Yeah, I literally have no sympathy for this guy. I can't stand arrogant people. Missionaries are highly suspect to me in general and this guy doesn't help their cause.

As far as them being dark-skinned, I read another article saying that these people are thought to be one of the oldest living paleolithic peoples. They were thought to be one of the first groups to migrate out of Africa and have been living on the island for over 60,000 years. It's fascinating.


----------



## Goombay_Summer (Nov 23, 2018)

These are my kind of people.


----------



## PhonyBaloney500 (Nov 23, 2018)

Reinventing21 said:


> At first I just knew it was some white dude savior mess. Then I saw his pic and got all sorts of confused...


I think  he's half white.


----------



## Ms. Tarabotti (Nov 23, 2018)

Um, John, what made you think that these peoples understand English?
Do you think that they understood what you said? How can you convert them if you can't/don't speak their language?

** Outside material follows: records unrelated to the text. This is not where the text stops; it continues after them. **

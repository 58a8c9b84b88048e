-- ===== src/Web/Renewal.antt =====
-- Two calls of apps/web/lib/api.ts that renew the same session at once, at the API's `refresh`
-- (apps/api/src/auth/auth.controller.ts).
use sync_bridge_platform.Base.{
  ℕ, String, Bool, false, Option, none, some, is_empty, ◌==◌, ◌≡◌, refl, ap, ◌∙◌, arith, Result, ok,
  err, present, is_ok, if◌then◌else◌,
}
use sync_bridge_platform.Js.{Js, Json, str, obj, end, field, own}
use sync_bridge_platform.Database.{World}
use sync_bridge_platform.Effects.{
  Error, Env, not_found, forbidden, bad_request, conflict, unauthorized, payload_too_large, plain,
}
use sync_bridge_platform.Auth.{Crypto, JwtPayload, TokenPair}
use sync_bridge_platform.Auth.Session.{refresh}
use sync_bridge_platform.Auth.Calls.{Steps}
use sync_bridge_platform.Auth.Replay.{refresh_no_replay}
use sync_bridge_platform.Web.{
  Response, Fetch, Tab, Failure, session_of, stored_user, update_stored_tokens,
}
use sync_bridge_platform.Web.Client
use sync_bridge_platform.Web.Client.{send, refresh_request, store_tokens}

-- The statuses of the exceptions of NestJS; 500 of a plain error.
abbrev error_status : Error → ℕ
error_status (not_found m) = 404
error_status (forbidden m) = 403
error_status (bad_request ms) = 400
error_status (conflict m) = 409
error_status (unauthorized m) = 401
error_status (payload_too_large m) = 413
error_status (plain m) = 500

error_status-refused : (e : Error) → Client.is_ok (error_status e) ≡ false
error_status-refused (not_found m) = refl
error_status-refused (forbidden m) = refl
error_status-refused (bad_request ms) = refl
error_status-refused (conflict m) = refl
error_status-refused (unauthorized m) = refl
error_status-refused (payload_too_large m) = refl
error_status-refused (plain m) = refl

module _ {N : Type 0} where
  abbrev pair_json : TokenPair → Json N
  pair_json pair = obj (
      field "accessToken" (str pair.access_token)
        (field "refreshToken" (str pair.refresh_token) end))

  -- A `@Post()` handler that returns is answered with 201; the body of an error plays no part here.
  abbrev pub refresh_response : Result Error TokenPair → Response N
  refresh_response (ok pair) = record { status = 201; json = some (pair_json pair) }
  refresh_response (err e) = record { status = error_status e; json = none }

  abbrev text_of : Option (Json N) → Option String
  text_of (some (str s)) = some s
  text_of _ = none

  -- What the validation of the body lets through: a text that is not empty.
  abbrev token_of : Option (Json N) → Option String
  token_of (some (obj fs)) = present (text_of (own fs "refreshToken"))
  token_of _ = none

module _ (js : Js) (crypto : Crypto) (env : Env) (others : Fetch (World js.Num) js.Num) where
  abbrev serve_refresh : Option String → World js.Num → Option (Response js.Num) × World js.Num
  serve_refresh none w = (some (record { status = 400; json = none }), w)
  serve_refresh (some raw) w =
      (some (refresh_response (refresh js crypto env raw w).0), (refresh js crypto env raw w).1)

  -- The API as `fetch` meets it; the handlers other than `refresh` are `others`.
  unfoldable pub serve : Fetch (World js.Num) js.Num
  serve request w =
      if request.path == "/auth/refresh"
      then serve_refresh (token_of request.body) w
      else others request w

  abbrev Answer : Type 0
  Answer = Result Failure (Response js.Num) × Tab (World js.Num) js.Num

  module _ (show : ℕ → String) (raw rtid : String) (nonempty : is_empty raw ≡ false)
      (own_row : (secret : String) (t : ℕ) (p : JwtPayload)
        → crypto.verify secret raw t ≡ some p
        → present p.rtid ≡ some rtid) where
    -- The request of a renewal with the token `raw`.
    abbrev ask : Tab (World js.Num) js.Num → Answer
    ask tab = send js show serve (refresh_request js show serve (str raw)) tab

    abbrev exchange : World js.Num → Result Error TokenPair × World js.Num
    exchange w = refresh js crypto env raw w

    ask_lem :
        (tab : Tab (World js.Num) js.Num)
        → ((ask tab).0 ≡ ok (refresh_response (exchange tab.server).0))
          × ((ask tab).1.storage ≡ tab.storage)
    unfolding send serve own
    ask_lem tab = (rw nonempty refl, rw nonempty refl)

    abbrev store :
        Response js.Num
        → Tab (World js.Num) js.Num
        → Result Failure Bool × Tab (World js.Num) js.Num
    store response tab = store_tokens js show serve response tab

    stores_pair :
        (pair : TokenPair) (tab : Tab (World js.Num) js.Num)
        → (store (refresh_response (ok pair)) tab).1.storage
          ≡ some (
              session_of
                (some (str pair.access_token))
                (some (str pair.refresh_token))
                (some (stored_user js tab.storage)))
    unfolding store_tokens update_stored_tokens own
    stores_pair pair tab = refl

    drops_session :
        (r : Result Error TokenPair) (tab : Tab (World js.Num) js.Num)
        → is_ok r ≡ false
        → (store (refresh_response r) tab).1.storage ≡ none
    unfolding store_tokens
    drops_session (ok pair) tab h = absurd (ground (arith, h))
    drops_session (err e) tab h = rw (error_status-refused e)

    -- Two calls of one tab renew the same session, whose refresh token names its row: both ask the API before
    -- either has stored its answer. If the first exchange returned, then after any calls of register,
    -- login, refresh and logout in between the answer to the second is a refusal. The first stores the
    -- new tokens, and the second then drops the session that the first has stored.
    pub second_renewal_drops_session :
        (tab : Tab (World js.Num) js.Num) (pair : TokenPair) (v : World js.Num)
        → (exchange tab.server).0 ≡ ok pair
        → Steps js crypto env (exchange tab.server).1 v
        → let first = ask tab in
          let second = ask (record first.1 { server = v }) in
          let renewed = store (refresh_response (ok pair)) second.1 in
          (first.0 ≡ ok (refresh_response (ok pair)))
          × (renewed.1.storage
              ≡ some (
                  session_of
                    (some (str pair.access_token))
                    (some (str pair.refresh_token))
                    (some (stored_user js tab.storage))))
          × ((answer : Response js.Num) × (second.0 ≡ ok answer)
              × ((store answer renewed.1).1.storage ≡ none))
    second_renewal_drops_session tab pair v returned calls =
        let waiting = record (ask tab).1 { server = v } in
        let unchanged = (ask_lem waiting).1 ∙ (ask_lem tab).1 in
        let refused =
          refresh_no_replay js crypto env raw rtid own_row pair tab.server v returned calls in
        (
          (ask_lem tab).0 ∙ ap (λ r. ok (refresh_response r)) returned,
          stores_pair pair (ask waiting).1
              ∙ ap
                  (λ o. some (
                    session_of (some (str pair.access_token)) (some (str pair.refresh_token))
                      (some (stored_user js o))))
                  unchanged,
          (
            refresh_response (exchange v).0,
            (ask_lem waiting).0,
            drops_session (exchange v).0 _ refused,
          ),
        )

And why did you think that they have no concept of 'religion' just because they were 'uncivilized'?


----------



## Reinventing21 (Nov 23, 2018)

PhonyBaloney500 said:


> I think  he's half white.



Well that would explain his entitlement and savior issues..(mom sounded white in terms of her comments) but maaan...he just could not take a hint!  I agree his ego and pride got in the way.


----------



## intellectualuva (Nov 24, 2018)

Ms. Tarabotti said:


> Um, John, *what made you think that these peoples understand English*?
> Do you think that they understood what you said? How can you convert them if you can't/don't speak their language?
> 
> And why did you think that they have no concept of 'religion' just because they were 'uncivilized'?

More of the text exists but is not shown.